[Data entries]
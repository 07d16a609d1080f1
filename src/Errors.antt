-- ===== src/Errors.antt =====
-- src/export/capture_errors.h: the codes that the operations return. A result of type `int32_t` is
-- its 32 bit pattern.
use capture.Prelude.{ℕ, ◌^◌, ◌-◌}

abbrev pub cap_success : ℕ
cap_success = 0

abbrev pub cap_device_init : ℕ
cap_device_init = 1

abbrev pub cap_open_device : ℕ
cap_open_device = 2

abbrev pub cap_compile : ℕ
cap_compile = 3

abbrev pub cap_filter : ℕ
cap_filter = 4

abbrev pub cap_handle_init : ℕ
cap_handle_init = 5

abbrev pub cap_open_dir : ℕ
cap_open_dir = 6

abbrev pub cap_process_init : ℕ
cap_process_init = 35

abbrev pub cap_process_format : ℕ
cap_process_format = 36

abbrev pub cap_process_open : ℕ
cap_process_open = 37

abbrev pub cap_process_open_dir : ℕ
cap_process_open_dir = 38

abbrev pub cap_net_unknow : ℕ
cap_net_unknow = 41

abbrev pub cap_find_ip : ℕ
cap_find_ip = 43

abbrev pub cap_find_inode : ℕ
cap_find_inode = 44

-- -1 as an `int32_t`.
abbrev pub minus_one : ℕ
minus_one = 2 ^ 32 - 1
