-- ===== src/Packet.antt =====
-- src/cap_packet.h and src/cap_packet.cpp: a captured packet, its direction and its key.
pub mod Keys
pub mod Bounds
pub mod Copied
use capture.Prelude.{ℕ, Bool, true, false, List, [], ◌∷◌, ◌++◌, ◌==◌, if◌then◌else◌}
use capture.Text.{Str, codes, to_string}
use capture.Inet.{In6, Inet, zero6, ntop4, ntop6}
use capture.Device.{CapDevice, contains4, contains6, af_inet, af_inet6}

pub data CapDir : Type 0 where
  unknown incoming outgoing : CapDir

pub record TimeVal : Type 0 where
  pub sec : ℕ
  pub usec : ℕ

pub record CapPacket : Type 0 where
  pub sip6 : In6
  pub dip6 : In6
  pub sip : ℕ
  pub dip : ℕ
  pub sport : ℕ
  pub dport : ℕ
  pub len : ℕ
  pub time : TimeVal
  pub dir : CapDir
  pub family : ℕ
  pub hashstring : Str

-- A new packet. The source leaves all but `hashstring` unset; `Init` sets what is read later.
abbrev pub blank_packet : CapPacket
blank_packet = record {
  sip6 = zero6;
  dip6 = zero6;
  sip = 0;
  dip = 0;
  sport = 0;
  dport = 0;
  len = 0;
  time = record { sec = 0; usec = 0 };
  dir = unknown;
  family = 0;
  hashstring = [];
}

-- CapPacket::Invert
unfoldable pub invert : CapPacket → CapDir × CapPacket
invert p =
    let d : CapDir = elim p.dir [ incoming ↦ outgoing | outgoing ↦ incoming | unknown ↦ unknown ] in
    if p.family == af_inet
    then (d, record p { dir = d; sip = p.dip; dip = p.sip; sport = p.dport; dport = p.sport })
    else if p.family == af_inet6
    then (d, record p { dir = d; sip6 = p.dip6; dip6 = p.sip6; sport = p.dport; dport = p.sport })
    else (d, record p { dir = d })

-- The two texts and ports of a packet, as Hash and Link read them.
abbrev pub endpoint : Str → ℕ → Str
endpoint addr port = addr ++ codes ":" ++ to_string port

abbrev pub joined : Str → ℕ → Str → ℕ → Str
joined local lport remote rport = endpoint local lport ++ (codes "-" ++ endpoint remote rport)

module _ (inet : Inet) where
  unfoldable pub source_text : CapPacket → Str
  source_text p = if p.family == af_inet then ntop4 inet p.sip 49 else ntop6 inet p.sip6 49

  unfoldable pub dest_text : CapPacket → Str
  dest_text p = if p.family == af_inet then ntop4 inet p.dip 49 else ntop6 inet p.dip6 49

  -- CapPacket::Link
  unfoldable pub link : CapPacket → Str
  unfolding source_text dest_text
  link p = joined (source_text p) p.sport (dest_text p) p.dport

  -- The key of a packet whose direction is known: the local end first.
  unfoldable pub key : Bool → CapPacket → Str
  unfolding source_text dest_text
  key true p = joined (source_text p) p.sport (dest_text p) p.dport
  key false p = joined (dest_text p) p.dport (source_text p) p.sport

module _ (inet : Inet) (devices : List CapDevice) where
  unfoldable pub is_local : CapPacket → Bool
  is_local p = if p.family == af_inet then contains4 devices p.sip else contains6 devices p.sip6

  -- CapPacket::IsOutgoing: an unknown direction is found out once, and kept.
  unfoldable pub is_outgoing : CapPacket → Bool × CapPacket
  unfolding is_local
  is_outgoing p = elim p.dir [
    | outgoing ↦ (true, p)
    | incoming ↦ (false, p)
    | unknown ↦
        if is_local p
        then (true, record p { dir = outgoing })
        else (false, record p { dir = incoming })
  ]

  -- CapPacket::Hash: computed once and kept.
  unfoldable pub hash : CapPacket → Str × CapPacket
  unfolding is_outgoing key
  hash p = elim p.hashstring [
    | [] ↦
        let (out, q) = is_outgoing p in let h = key inet out q in (h, record q { hashstring = h })
    | c ∷ s ↦ (c ∷ s, p)
  ]

  -- CapPacket::Init(in_addr, …)
  unfoldable pub init4 : ℕ → ℕ → ℕ → ℕ → ℕ → TimeVal → CapDir → CapPacket → CapPacket
  unfolding hash
  init4 sip sport dip dport len time dir p =
      (hash (record p {
        sip = sip;
        sport = sport;
        dip = dip;
        dport = dport;
        len = len;
        time = time;
        dir = dir;
        family = af_inet;
      })).1

  -- CapPacket::Init(in6_addr, …)
  unfoldable pub init6 : In6 → ℕ → In6 → ℕ → ℕ → TimeVal → CapDir → CapPacket → CapPacket
  unfolding hash
  init6 sip sport dip dport len time dir p =
      (hash (record p {
        sip6 = sip;
        sport = sport;
        dip6 = dip;
        dport = dport;
        len = len;
        time = time;
        dir = dir;
        family = af_inet6;
      })).1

§ **Exercise requirements**:
For this task, print the records again exactly as they appear.

§ **Answer to this exercise**:
repository 07d16a609d1080f1
filename src/Errors.antt
-- ===== src/Errors.antt =====
-- src/export/capture_errors.h: the codes that the operations return. A result of type `int32_t` is
-- its 32 bit pattern.
use capture.Prelude.{ℕ, ◌^◌, ◌-◌}

abbrev pub cap_success : ℕ
cap_success = 0

abbrev pub cap_device_init : ℕ
cap_device_init = 1

abbrev pub cap_open_device : ℕ
cap_open_device = 2

abbrev pub cap_compile : ℕ
cap_compile = 3

abbrev pub cap_filter : ℕ
cap_filter = 4

abbrev pub cap_handle_init : ℕ
cap_handle_init = 5

abbrev pub cap_open_dir : ℕ
cap_open_dir = 6

abbrev pub cap_process_init : ℕ
cap_process_init = 35

abbrev pub cap_process_format : ℕ
cap_process_format = 36

abbrev pub cap_process_open : ℕ
cap_process_open = 37

abbrev pub cap_process_open_dir : ℕ
cap_process_open_dir = 38

abbrev pub cap_net_unknow : ℕ
cap_net_unknow = 41

abbrev pub cap_find_ip : ℕ
cap_find_ip = 43

abbrev pub cap_find_inode : ℕ
cap_find_inode = 44

-- -1 as an `int32_t`.
abbrev pub minus_one : ℕ
minus_one = 2 ^ 32 - 1
-- ===== src/Packet.antt =====
-- src/cap_packet.h and src/cap_packet.cpp: a captured packet, its direction and its key.
pub mod Keys
pub mod Bounds
pub mod Copied
use capture.Prelude.{ℕ, Bool, true, false, List, [], ◌∷◌, ◌++◌, ◌==◌, if◌then◌else◌}
use capture.Text.{Str, codes, to_string}
use capture.Inet.{In6, Inet, zero6, ntop4, ntop6}
use capture.Device.{CapDevice, contains4, contains6, af_inet, af_inet6}

pub data CapDir : Type 0 where
  unknown incoming outgoing : CapDir

pub record TimeVal : Type 0 where
  pub sec : ℕ
  pub usec : ℕ

pub record CapPacket : Type 0 where
  pub sip6 : In6
  pub dip6 : In6
  pub sip : ℕ
  pub dip : ℕ
  pub sport : ℕ
  pub dport : ℕ
  pub len : ℕ
  pub time : TimeVal
  pub dir : CapDir
  pub family : ℕ
  pub hashstring : Str

-- A new packet. The source leaves all but `hashstring` unset; `Init` sets what is read later.
abbrev pub blank_packet : CapPacket
blank_packet = record {
  sip6 = zero6;
  dip6 = zero6;
  sip = 0;
  dip = 0;
  sport = 0;
  dport = 0;
  len = 0;
  time = record { sec = 0; usec = 0 };
  dir = unknown;
  family = 0;
  hashstring = [];
}

-- CapPacket::Invert
unfoldable pub invert : CapPacket → CapDir × CapPacket
invert p =
    let d : CapDir = elim p.dir [ incoming ↦ outgoing | outgoing ↦ incoming | unknown ↦ unknown ] in
    if p.family == af_inet
    then (d, record p { dir = d; sip = p.dip; dip = p.sip; sport = p.dport; dport = p.sport })
    else if p.family == af_inet6
    then (d, record p { dir = d; sip6 = p.dip6; dip6 = p.sip6; sport = p.dport; dport = p.sport })
    else (d, record p { dir = d })

-- The two texts and ports of a packet, as Hash and Link read them.
abbrev pub endpoint : Str → ℕ → Str
endpoint addr port = addr ++ codes ":" ++ to_string port

abbrev pub joined : Str → ℕ → Str → ℕ → Str
joined local lport remote rport = endpoint local lport ++ (codes "-" ++ endpoint remote rport)

module _ (inet : Inet) where
  unfoldable pub source_text : CapPacket → Str
  source_text p = if p.family == af_inet then ntop4 inet p.sip 49 else ntop6 inet p.sip6 49

  unfoldable pub dest_text : CapPacket → Str
  dest_text p = if p.family == af_inet then ntop4 inet p.dip 49 else ntop6 inet p.dip6 49

  -- CapPacket::Link
  unfoldable pub link : CapPacket → Str
  unfolding source_text dest_text
  link p = joined (source_text p) p.sport (dest_text p) p.dport

  -- The key of a packet whose direction is known: the local end first.
  unfoldable pub key : Bool → CapPacket → Str
  unfolding source_text dest_text
  key true p = joined (source_text p) p.sport (dest_text p) p.dport
  key false p = joined (dest_text p) p.dport (source_text p) p.sport

module _ (inet : Inet) (devices : List CapDevice) where
  unfoldable pub is_local : CapPacket → Bool
  is_local p = if p.family == af_inet then contains4 devices p.sip else contains6 devices p.sip6

  -- CapPacket::IsOutgoing: an unknown direction is found out once, and kept.
  unfoldable pub is_outgoing : CapPacket → Bool × CapPacket
  unfolding is_local
  is_outgoing p = elim p.dir [
    | outgoing ↦ (true, p)
    | incoming ↦ (false, p)
    | unknown ↦
        if is_local p
        then (true, record p { dir = outgoing })
        else (false, record p { dir = incoming })
  ]

  -- CapPacket::Hash: computed once and kept.
  unfoldable pub hash : CapPacket → Str × CapPacket
  unfolding is_outgoing key
  hash p = elim p.hashstring [
    | [] ↦
        let (out, q) = is_outgoing p in let h = key inet out q in (h, record q { hashstring = h })
    | c ∷ s ↦ (c ∷ s, p)
  ]

  -- CapPacket::Init(in_addr, …)
  unfoldable pub init4 : ℕ → ℕ → ℕ → ℕ → ℕ → TimeVal → CapDir → CapPacket → CapPacket
  unfolding hash
  init4 sip sport dip dport len time dir p =
      (hash (record p {
        sip = sip;
        sport = sport;
        dip = dip;
        dport = dport;
        len = len;
        time = time;
        dir = dir;
        family = af_inet;
      })).1

  -- CapPacket::Init(in6_addr, …)
  unfoldable pub init6 : In6 → ℕ → In6 → ℕ → ℕ → TimeVal → CapDir → CapPacket → CapPacket
  unfolding hash
  init6 sip sport dip dport len time dir p =
      (hash (record p {
        sip6 = sip;
        sport = sport;
        dip6 = dip;
        dport = dport;
        len = len;
        time = time;
        dir = dir;
        family = af_inet6;
      })).1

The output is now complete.